Different fragments of the redo log's tail are tracked by different values:

log.write_lsn

Up to this lsn we have written all data to log files. It's the beginning of the unwritten log buffer. Older bytes in the buffer are not required and might be overwritten in cyclic manner for lsn values larger by log.buf_size.

Value is updated by: log writer thread.

log_buffer_ready_for_write_lsn()

It's internally implemented as log.recent_written.tail(). Up to this lsn, all concurrent writes to log buffer have been finished. We don't need older part of the log recent-written buffer.

It obviously holds:

    log_buffer_ready_for_write_lsn() >= log.write_lsn

Value is updated by: log writer thread.

log.flushed_to_disk_lsn

Up to this lsn, we have written and flushed data to log files.

It obviously holds:

    log.flushed_to_disk_lsn <= log.write_lsn

Value is updated by: log flusher thread.

log.sn

Corresponds to current lsn. Maximum assigned sn value (enumerates only data bytes).

It obviously holds:

    log.sn >= log_translate_lsn_to_sn(log_buffer_ready_for_write_lsn())

Value is updated by: user threads during reservation of space.

buf_flush_list_smallest_not_added()

Up to this lsn user threads have added all dirty pages to flush lists.

The redo log records are allowed to be deleted not further than up to this lsn. That's because there could be a page with oldest_modification smaller than the minimum oldest_modification available in flush lists. Note that such page is just about to be added to flush list by a user thread, but there is no mutex protecting access to the minimum oldest_modification, which would be acquired by the user thread before writing to redo log. Hence for any lsn greater or equal to buf_flush_list_smallest_not_added() we cannot trust that flush lists are complete and minimum calculated value (or its approximation) is valid.

Note: Note that we do not delete redo log records physically, but we still can delete them logically by doing checkpoint at given lsn.

It holds (unless the log writer thread misses an update of the log_buffer_ready_for_write_lsn()):

buf_flush_list_added->smallest_not_added_lsn() <= log_buffer_ready_for_write_lsn().

log.available_for_checkpoint_lsn

Up to this lsn all dirty pages have been flushed to disk. However, this value is not guaranteed to be the maximum such value. As insertion order to flush lists is relaxed, the buf_pool_get_oldest_modification_approx() returns modification time of some page that was inserted the earliest, it doesn't have to be the oldest modification though. However, the maximum difference between the first page in flush list, and one with the oldest modification lsn is limited by the buf_flush_list_added->order_lag().

That's why from result of buf_pool_get_oldest_modification_approx() size of the buf_flush_list_added->order_lag() is subtracted. The result is used to update the lsn available for a next checkpoint.

This has impact on the redo format, because the checkpoint_lsn can now point to the middle of some group of log records (even to the middle of a single log record). Log files with such checkpoint are not recoverable by older versions of InnoDB by default.

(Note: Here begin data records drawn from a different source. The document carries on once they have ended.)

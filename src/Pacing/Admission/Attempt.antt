-- ===== src/Pacing/Admission/Attempt.antt =====
-- When an attempt of crates/erabi-crawler/src/pacing.rs takes a slot, and what it leaves behind.
use erabi.Base.{
  ℕ, ◌+◌, ◌≤◌, ◌<◌, ◌≡◌, refl, ap, ◌∙◌, ◌↔◌, ◌≢◌, true, Option, none, some, List, [], ◌∷◌, ok, err,
  arith, All, is_none_or, leb, u32_max,
}
use erabi.Pacing.{
  Instant, OriginPacingState, expire, clock_overflow, last_instant, lower, least,
  effective_concurrency, normalize_expired_safety, latest, latest_deadline,
}
use erabi.Pacing.Admission.{acquired, inspect, attempt}

-- The deadline is absent or has passed.
abbrev pub IsPast : Instant → Option Instant → Type 0
IsPast now none = Unit
IsPast now (some deadline) = deadline ≤ now

abbrev pub AllPast : Instant → OriginPacingState → Type 0
AllPast now s =
    IsPast now s.next_request_at × IsPast now s.backoff_until × IsPast now s.retry_after_until

-- Every registered configuration leaves room for one more request, and there is one.
pub record HasRoom (s : OriginPacingState) : Type 0 where
  pub registered : s.registrations ≢ []
  pub room : All (λ r. s.in_flight < r.1) s.registrations

abbrev IsAbove : ℕ → Option ℕ → Type 0
IsAbove n none = Unit
IsAbove n (some m) = n < m

IsAbove-lower : (n c : ℕ) (o : Option ℕ) → IsAbove n (lower c o) ↔ ((n < c) × IsAbove n o)
IsAbove-lower n c none = ground arith
IsAbove-lower n c (some m) = ground arith

IsAbove-least : (n : ℕ) (rs : List (ℕ × ℕ)) → IsAbove n (least rs) ↔ All (λ r. n < r.1) rs
unfolding least
IsAbove-least n [] = (λ _. tt, λ _. tt)
IsAbove-least n ((i, c) ∷ rs) = ground (arith, IsAbove-lower n c (least rs), IsAbove-least n rs)

least-none : (rs : List (ℕ × ℕ)) → least rs ≡ none → rs ≡ []
unfolding least
least-none [] h = refl
least-none ((i, c) ∷ rs) h = ground arith

least-nil : least [] ≡ none
unfolding least
least-nil = refl

IsPast-latest :
    (now : Instant) (a b : Option Instant) → IsPast now (latest a b) ↔ (IsPast now a × IsPast now b)
IsPast-latest now none b = ground arith
IsPast-latest now (some x) none = ground arith
IsPast-latest now (some x) (some y) = ground arith

IsPast-expire : (now : Instant) (a : Option Instant) → IsPast now (expire now a) ↔ IsPast now a
IsPast-expire now none = ground arith
IsPast-expire now (some x) = ground arith

IsPast-test :
    (now : Instant) (a : Option Instant) → (is_none_or (λ d. leb d now) a ≡ true) ↔ IsPast now a
IsPast-test now none = ground arith
IsPast-test now (some x) = ground arith

latest_past :
    (now : Instant) (s : OriginPacingState)
    → (is_none_or (λ d. leb d now) (latest_deadline (normalize_expired_safety s now)) ≡ true)
      ↔ AllPast now s
unfolding latest_deadline normalize_expired_safety
latest_past now s =
    let a = expire now s.next_request_at in
    let b = expire now s.backoff_until in
    let c = expire now s.retry_after_until in
    ground (
      arith,
      IsPast-test now (latest a (latest b c)),
      IsPast-latest now a (latest b c),
      IsPast-latest now b c,
      IsPast-expire now s.next_request_at,
      IsPast-expire now s.backoff_until,
      IsPast-expire now s.retry_after_until,
    )

inspect_iff :
    (s : OriginPacingState) (o : Option ℕ) (not_before : Option Instant) (d now : ℕ)
    → ((inspect s o not_before d now).1 ≡ ok acquired) ↔ (
        (o ≢ none)
        × IsAbove s.in_flight o
        × (is_none_or (λ t. leb t now) not_before ≡ true)
        × (now + d ≤ last_instant))
inspect_iff s none b d now = ground arith
inspect_iff s (some c) none d now = ground arith
inspect_iff s (some c) (some b) d now = ground arith

normalize_keeps :
    (s : OriginPacingState) (now : Instant)
    → ((normalize_expired_safety s now).in_flight ≡ s.in_flight)
      × ((normalize_expired_safety s now).registrations ≡ s.registrations)
unfolding normalize_expired_safety
normalize_keeps s now = (refl, refl)

room_iff :
    (s : OriginPacingState)
    → HasRoom s ↔ ((least s.registrations ≢ none) × IsAbove s.in_flight (least s.registrations))
room_iff s = (
  λ h. (
    λ e. h.registered (least-none s.registrations e),
    (IsAbove-least s.in_flight s.registrations).1 h.room,
  ),
  λ h. record {
    registered = λ e. h.0 (ap least e ∙ least-nil);
    room = (IsAbove-least s.in_flight s.registrations).0 h.1;
  },
)

-- An attempt takes a slot exactly if some configuration is registered, every registered one leaves
-- room for one more request in flight, all three deadlines of the origin have passed, and the next
-- deadline can be represented.
pub attempt-acquired_iff :
    (s : OriginPacingState) (d now : ℕ)
    → ((attempt s d now).1 ≡ ok acquired) ↔ (HasRoom s × AllPast now s × (now + d ≤ last_instant))
unfolding attempt effective_concurrency
attempt-acquired_iff s d now =
    let t = normalize_expired_safety s now in
    ground (
      arith,
      room_iff s,
      latest_past now s,
      normalize_keeps s now,
      inspect_iff t (least t.registrations) (latest_deadline t) d now,
    )

inspect_acquired :
    (s : OriginPacingState) (o : Option ℕ) (b : Option Instant) (d now : ℕ)
    → s.in_flight < u32_max
    → (inspect s o b d now).1 ≡ ok acquired
    → (inspect s o b d now).0
      ≡ record s { in_flight = s.in_flight + 1; next_request_at = some (now + d) }
inspect_acquired s none b d now m h = ground arith
inspect_acquired s (some c) none d now m h = ground arith
inspect_acquired s (some c) (some b) d now m h = ground arith

expire-IsPast : (now : Instant) (a : Option Instant) → IsPast now a → expire now a ≡ none
expire-IsPast now none h = refl
expire-IsPast now (some x) h = ground arith

normalize_past :
    (s : OriginPacingState) (now : Instant)
    → AllPast now s
    → normalize_expired_safety s now
      ≡ record s { next_request_at = none; backoff_until = none; retry_after_until = none }
unfolding normalize_expired_safety
normalize_past s now h = cc (
  expire-IsPast now s.next_request_at h.0,
  expire-IsPast now s.backoff_until h.1,
  expire-IsPast now s.retry_after_until h.2,
)

-- An attempt that takes a slot, with the count of requests in flight below its machine limit,
-- counts one more request in flight, sets the origin's next deadline to the effective delay from
-- now, and changes no registration, waiter count or rate-limit count; the other two deadlines are
-- cleared, having passed.
pub attempt-effect :
    (s : OriginPacingState) (d now : ℕ)
    → s.in_flight < u32_max
    → (attempt s d now).1 ≡ ok acquired
    → (attempt s d now).0 ≡ record s {
      in_flight = s.in_flight + 1;
      next_request_at = some (now + d);
      backoff_until = none;
      retry_after_until = none;
    }
unfolding attempt effective_concurrency
attempt-effect s d now m h =
    let t = normalize_expired_safety s now in
    ground (
      arith,
      attempt-acquired_iff s d now,
      normalize_past s now,
      inspect_acquired t (least t.registrations) (latest_deadline t) d now,
    )

inspect_overflow :
    (s : OriginPacingState) (o : Option ℕ) (b : Option Instant) (d now : ℕ)
    → s.in_flight < u32_max
    → (inspect s o b d now).1 ≡ err clock_overflow
    → ((inspect s o b d now).0.in_flight ≡ s.in_flight + 1) × (last_instant < now + d)
inspect_overflow s none b d now m h = ground arith
inspect_overflow s (some c) none d now m h = ground arith
inspect_overflow s (some c) (some b) d now m h = ground arith

-- An attempt that fails because the next deadline cannot be represented hands out no permit, yet
-- leaves one more request counted in flight, where that count is below its machine limit.
pub attempt-overflow :
    (s : OriginPacingState) (d now : ℕ)
    → s.in_flight < u32_max
    → (attempt s d now).1 ≡ err clock_overflow
    → ((attempt s d now).0.in_flight ≡ s.in_flight + 1) × (last_instant < now + d)
unfolding attempt effective_concurrency
attempt-overflow s d now m h =
    let t = normalize_expired_safety s now in
    ground (
      arith,
      normalize_keeps s now,
      inspect_overflow t (least t.registrations) (latest_deadline t) d now,
    )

Value is updated by: log checkpointer thread.

See also: Adding dirty pages to flush lists

log.last_checkpoint_lsn

Up to this lsn all dirty pages have been flushed to disk and the lsn value has been flushed to the header of the redo log file containing that lsn.

The lsn value points to place where recovery is supposed to start. Data bytes for smaller lsn values are not required and might be overwritten (log files are circular). One could consider them logically deleted.

Value is updated by: log checkpointer thread.

It holds:

    log.last_checkpoint_lsn
    <= log.available_for_checkpoint_lsn
    <= buf_flush_list_added->smallest_not_added_lsn().